[Start of Attachment]

-- ===== src/Cli/Host.antt =====
-- expandHostEnv and isEnvName of cmd/edt/run.go: references to variables of the host inside the text
-- of a scenario. All that the scanner looks for is ASCII, so a text is a sequence of characters.
use Prim.Native.String.{◌++◌ as str_append}
use Prim.Native.String.append.{nil, cons}
use Prim.Native.Char.{Char, code}
use mathlib.Core.Bool.{true≢false}
use event_driven_tests_ai.Common.{
  ℕ, zero, suc, String, List, [], ◌∷◌, if◌then◌else◌, ◌==◌, ◌&&◌, ◌||◌, not, leb, nat_comparable,
  Bool, true, false, Option, none, some, ◌≡◌, refl, ap, ◌∙◌, arith,
}
use event_driven_tests_ai.Orchestrator.Interpolate.{
  text_length, is_digit, is_empty_text, starts_brace, brace_name, literal,
}
use event_driven_tests_ai.Orchestrator.Interpolate.Render.{
  Part, plain, reference, render, meaning, lacks, open_brace, brace_name-append,
}

abbrev starts_name : Char → Bool
starts_name c = code c == b'_' || leb b'A' (code c) && leb (code c) b'Z'

abbrev continues_name : String → Bool
continues_name String.[] = true
continues_name (String.◌∷◌ c s) = (starts_name c || is_digit c) && continues_name s

-- `isEnvName`
unfoldable pub is_env_name : String → Bool
is_env_name String.[] = false
is_env_name (String.◌∷◌ c s) = starts_name c && continues_name s

-- What stands between the brace at the start and the next one that closes.
abbrev host_name : String → Option String
host_name String.[] = none
host_name (String.◌∷◌ c s) = brace_name s

module _ (getenv : String → String) where
  -- The text for a reference: only a name that may be a variable's is replaced.
  abbrev pub host_value : String → String
  host_value name = if is_env_name name then getenv name else literal name

  -- A brace that is not closed ends the scan, with the rest as it is.
  abbrev host_text : Option String → String → String → String
  host_text none as_it_is rest = as_it_is
  host_text (some name) as_it_is rest = str_append (host_value name) rest

  abbrev host_width : Option String → ℕ
  host_width none = 0
  host_width (some name) = suc (suc (text_length name))

  -- The scan; the number counts the characters to leave out, those of a reference.
  unfoldable pub expand_host : ℕ → String → String
  expand_host k String.[] = ""
  expand_host (suc k) (String.◌∷◌ c s) = expand_host k s
  expand_host zero (String.◌∷◌ c s) =
      let after_reference = expand_host (host_width (host_name s)) s in
      let after_character = String.◌∷◌ c (expand_host zero s) in
      if code c == b'$' && starts_brace s
      then host_text (host_name s) (String.◌∷◌ c s) after_reference
      else after_character

  unfoldable pub expand_host_env : String → String
  expand_host_env s = expand_host zero s

-- What the name of a variable may be: not empty, made of capitals, digits and underscores, with no
-- digit at the start.
abbrev is_name_char : Char → Bool
is_name_char c =
    leb 65 (code c) && leb (code c) 90 || leb 48 (code c) && leb (code c) 57 || code c == 95

abbrev pub all_name_chars : String → Bool
all_name_chars String.[] = true
all_name_chars (String.◌∷◌ c s) = is_name_char c && all_name_chars s

abbrev starts_digit : String → Bool
starts_digit String.[] = false
starts_digit (String.◌∷◌ c s) = leb 48 (code c) && leb (code c) 57

abbrev pub is_variable : String → Bool
is_variable name = not (is_empty_text name) && not (starts_digit name) && all_name_chars name

-- The text for a reference to a host variable, or what stands there for any other.
abbrev pub host_meaning : (String → String) → String → String
host_meaning getenv name = if is_variable name then getenv name else literal name

continues_name-all : (s : String) → continues_name s ≡ all_name_chars s
continues_name-all String.[] = refl
continues_name-all (String.◌∷◌ c s) = ground (arith, continues_name-all s)

is_env_name-is_variable : (name : String) → is_env_name name ≡ is_variable name
unfolding is_env_name
is_env_name-is_variable String.[] = refl
is_env_name-is_variable (String.◌∷◌ c s) = ground (arith, continues_name-all s)

host_value-host_meaning :
    (getenv : String → String) (name : String) → host_value getenv name ≡ host_meaning getenv name
host_value-host_meaning getenv name = rw (is_env_name-is_variable name)

-- A text with no brace after a dollar, and with no dollar at its end.
abbrev pub is_inert : String → Bool
is_inert String.[] = true
is_inert (String.◌∷◌ c s) =
    (not (code c == b'$') || not (is_empty_text s) && not (starts_brace s)) && is_inert s

abbrev pub IsHostPart : Part → Type 0
IsHostPart (plain t) = is_inert t ≡ true
IsHostPart (reference name) = lacks b'}' name ≡ true

abbrev pub AreHostParts : List Part → Type 0
AreHostParts [] = Unit
AreHostParts (p ∷ ps) = IsHostPart p × AreHostParts ps

starts_brace-append :
    (s r : String)
    → (not (is_empty_text s) && not (starts_brace s)) ≡ true
    → starts_brace (str_append s r) ≡ false
starts_brace-append String.[] r h = elim (true≢false (ap not h)) [ ]
starts_brace-append (String.◌∷◌ c s) r h = rw (cons c s r) (ground arith)

module _ (getenv : String → String) where
  expand_host-plain :
      (t r : String)
      → is_inert t ≡ true
      → expand_host getenv 0 (str_append t r) ≡ str_append t (expand_host getenv 0 r)
  unfolding expand_host
  expand_host-plain String.[] r h = rw (nil r, nil (expand_host getenv 0 r))
  expand_host-plain (String.◌∷◌ c t) r h =
      let k : is_inert t ≡ true = ground arith in
      let e : (code c == b'$' && starts_brace (str_append t r)) ≡ false =
        ground (arith, starts_brace-append t r) in
      rw (cons c t r, cons c t (expand_host getenv 0 r), e)
        (ap (λ u. String.◌∷◌ c u) (expand_host-plain t r k))

  expand_host-skip :
      (n : String) (c : Char) (r : String)
      → expand_host getenv (suc (text_length n)) (str_append n (String.◌∷◌ c r))
        ≡ expand_host getenv 0 r
  unfolding expand_host
  expand_host-skip String.[] c r = rw (nil (String.◌∷◌ c r))
  expand_host-skip (String.◌∷◌ d n) c r = rw (cons d n (String.◌∷◌ c r)) (expand_host-skip n c r)

  expand_host-reference :
      (n r : String)
      → lacks b'}' n ≡ true
      → expand_host getenv 0 (str_append (literal n) r)
        ≡ str_append (host_value getenv n) (expand_host getenv 0 r)
  unfolding expand_host
  expand_host-reference n r k =
      rw (open_brace n r, brace_name-append n r k)
        (ap (str_append (host_value getenv n)) (expand_host-skip n "}" r))

  -- A text is expanded part by part: text with no brace after a dollar and no dollar at its end, a
  -- bare `$NAME` included, stays as it is; `${name}` is replaced by the variable of the host when the
  -- name is not empty, is made of capitals, digits and underscores and does not start with a digit,
  -- and else stays. No name has a brace that closes.
  pub expand_host_env-render :
      (ps : List Part)
      → AreHostParts ps
      → expand_host_env getenv (render ps) ≡ meaning (host_meaning getenv) ps
  unfolding expand_host_env
  expand_host_env-render [] h = unfold expand_host in refl
  expand_host_env-render (plain t ∷ ps) h =
      expand_host-plain t (render ps) h.0 ∙ ap (str_append t) (expand_host_env-render ps h.1)
  expand_host_env-render (reference n ∷ ps) h =
      expand_host-reference n (render ps) h.0
      ∙ ap (λ v. str_append v (expand_host getenv 0 (render ps))) (host_value-host_meaning getenv n)
      ∙ ap (str_append (host_meaning getenv n)) (expand_host_env-render ps h.1)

[End of Attachment]

DIRECTIONS FOR THIS TASK. Top to bottom, the records above must be output exactly.

RESPONSE.
-- ===== src/Cli/Host.antt =====
-- expandHostEnv and isEnvName of cmd/edt/run.go: references to variables of the host inside the text
-- of a scenario. All that the scanner looks for is ASCII, so a text is a sequence of characters.
use Prim.Native.String.{◌++◌ as str_append}
use Prim.Native.String.append.{nil, cons}
use Prim.Native.Char.{Char, code}
use mathlib.Core.Bool.{true≢false}
use event_driven_tests_ai.Common.{
  ℕ, zero, suc, String, List, [], ◌∷◌, if◌then◌else◌, ◌==◌, ◌&&◌, ◌||◌, not, leb, nat_comparable,
  Bool, true, false, Option, none, some, ◌≡◌, refl, ap, ◌∙◌, arith,
}
use event_driven_tests_ai.Orchestrator.Interpolate.{
  text_length, is_digit, is_empty_text, starts_brace, brace_name, literal,
}
use event_driven_tests_ai.Orchestrator.Interpolate.Render.{
  Part, plain, reference, render, meaning, lacks, open_brace, brace_name-append,
}

abbrev starts_name : Char → Bool
starts_name c = code c == b'_' || leb b'A' (code c) && leb (code c) b'Z'

abbrev continues_name : String → Bool
continues_name String.[] = true
continues_name (String.◌∷◌ c s) = (starts_name c || is_digit c) && continues_name s

-- `isEnvName`
unfoldable pub is_env_name : String → Bool
is_env_name String.[] = false
is_env_name (String.◌∷◌ c s) = starts_name c && continues_name s

-- What stands between the brace at the start and the next one that closes.
abbrev host_name : String → Option String
host_name String.[] = none
host_name (String.◌∷◌ c s) = brace_name s

module _ (getenv : String → String) where
  -- The text for a reference: only a name that may be a variable's is replaced.
  abbrev pub host_value : String → String
  host_value name = if is_env_name name then getenv name else literal name

  -- A brace that is not closed ends the scan, with the rest as it is.
  abbrev host_text : Option String → String → String → String
  host_text none as_it_is rest = as_it_is
  host_text (some name) as_it_is rest = str_append (host_value name) rest

  abbrev host_width : Option String → ℕ
  host_width none = 0
  host_width (some name) = suc (suc (text_length name))

  -- The scan; the number counts the characters to leave out, those of a reference.
  unfoldable pub expand_host : ℕ → String → String
  expand_host k String.[] = ""
  expand_host (suc k) (String.◌∷◌ c s) = expand_host k s
  expand_host zero (String.◌∷◌ c s) =
      let after_reference = expand_host (host_width (host_name s)) s in
      let after_character = String.◌∷◌ c (expand_host zero s) in
      if code c == b'$' && starts_brace s
      then host_text (host_name s) (String.◌∷◌ c s) after_reference
      else after_character

  unfoldable pub expand_host_env : String → String
  expand_host_env s = expand_host zero s

-- What the name of a variable may be: not empty, made of capitals, digits and underscores, with no
-- digit at the start.
abbrev is_name_char : Char → Bool
is_name_char c =
    leb 65 (code c) && leb (code c) 90 || leb 48 (code c) && leb (code c) 57 || code c == 95

abbrev pub all_name_chars : String → Bool
all_name_chars String.[] = true
all_name_chars (String.◌∷◌ c s) = is_name_char c && all_name_chars s

abbrev starts_digit : String → Bool
starts_digit String.[] = false
starts_digit (String.◌∷◌ c s) = leb 48 (code c) && leb (code c) 57

abbrev pub is_variable : String → Bool
is_variable name = not (is_empty_text name) && not (starts_digit name) && all_name_chars name

-- The text for a reference to a host variable, or what stands there for any other.
abbrev pub host_meaning : (String → String) → String → String
host_meaning getenv name = if is_variable name then getenv name else literal name

continues_name-all : (s : String) → continues_name s ≡ all_name_chars s
continues_name-all String.[] = refl
continues_name-all (String.◌∷◌ c s) = ground (arith, continues_name-all s)

is_env_name-is_variable : (name : String) → is_env_name name ≡ is_variable name
unfolding is_env_name
is_env_name-is_variable String.[] = refl
is_env_name-is_variable (String.◌∷◌ c s) = ground (arith, continues_name-all s)

host_value-host_meaning :
    (getenv : String → String) (name : String) → host_value getenv name ≡ host_meaning getenv name
host_value-host_meaning getenv name = rw (is_env_name-is_variable name)

-- A text with no brace after a dollar, and with no dollar at its end.
abbrev pub is_inert : String → Bool
is_inert String.[] = true
is_inert (String.◌∷◌ c s) =
    (not (code c == b'$') || not (is_empty_text s) && not (starts_brace s)) && is_inert s

abbrev pub IsHostPart : Part → Type 0
IsHostPart (plain t) = is_inert t ≡ true
IsHostPart (reference name) = lacks b'}' name ≡ true

abbrev pub AreHostParts : List Part → Type 0
AreHostParts [] = Unit
AreHostParts (p ∷ ps) = IsHostPart p × AreHostParts ps

starts_brace-append :
    (s r : String)
    → (not (is_empty_text s) && not (starts_brace s)) ≡ true
    → starts_brace (str_append s r) ≡ false
starts_brace-append String.[] r h = elim (true≢false (ap not h)) [ ]
starts_brace-append (String.◌∷◌ c s) r h = rw (cons c s r) (ground arith)

module _ (getenv : String → String) where
  expand_host-plain :
      (t r : String)
      → is_inert t ≡ true
      → expand_host getenv 0 (str_append t r) ≡ str_append t (expand_host getenv 0 r)
  unfolding expand_host
  expand_host-plain String.[] r h = rw (nil r, nil (expand_host getenv 0 r))
  expand_host-plain (String.◌∷◌ c t) r h =
      let k : is_inert t ≡ true = ground arith in
      let e : (code c == b'$' && starts_brace (str_append t r)) ≡ false =
        ground (arith, starts_brace-append t r) in
      rw (cons c t r, cons c t (expand_host getenv 0 r), e)
        (ap (λ u. String.◌∷◌ c u) (expand_host-plain t r k))

  expand_host-skip :
      (n : String) (c : Char) (r : String)
      → expand_host getenv (suc (text_length n)) (str_append n (String.◌∷◌ c r))
        ≡ expand_host getenv 0 r
  unfolding expand_host
  expand_host-skip String.[] c r = rw (nil (String.◌∷◌ c r))
  expand_host-skip (String.◌∷◌ d n) c r = rw (cons d n (String.◌∷◌ c r)) (expand_host-skip n c r)

  expand_host-reference :
      (n r : String)
      → lacks b'}' n ≡ true
      → expand_host getenv 0 (str_append (literal n) r)
        ≡ str_append (host_value getenv n) (expand_host getenv 0 r)
  unfolding expand_host
  expand_host-reference n r k =
      rw (open_brace n r, brace_name-append n r k)
        (ap (str_append (host_value getenv n)) (expand_host-skip n "}" r))

  -- A text is expanded part by part: text with no brace after a dollar and no dollar at its end, a
  -- bare `$NAME` included, stays as it is; `${name}` is replaced by the variable of the host when the
  -- name is not empty, is made of capitals, digits and underscores and does not start with a digit,
  -- and else stays. No name has a brace that closes.
  pub expand_host_env-render :
      (ps : List Part)
      → AreHostParts ps
      → expand_host_env getenv (render ps) ≡ meaning (host_meaning getenv) ps
  unfolding expand_host_env
  expand_host_env-render [] h = unfold expand_host in refl
  expand_host_env-render (plain t ∷ ps) h =
      expand_host-plain t (render ps) h.0 ∙ ap (str_append t) (expand_host_env-render ps h.1)
  expand_host_env-render (reference n ∷ ps) h =
      expand_host-reference n (render ps) h.0
      ∙ ap (λ v. str_append v (expand_host getenv 0 (render ps))) (host_value-host_meaning getenv n)
      ∙ ap (str_append (host_meaning getenv n)) (expand_host_env-render ps h.1)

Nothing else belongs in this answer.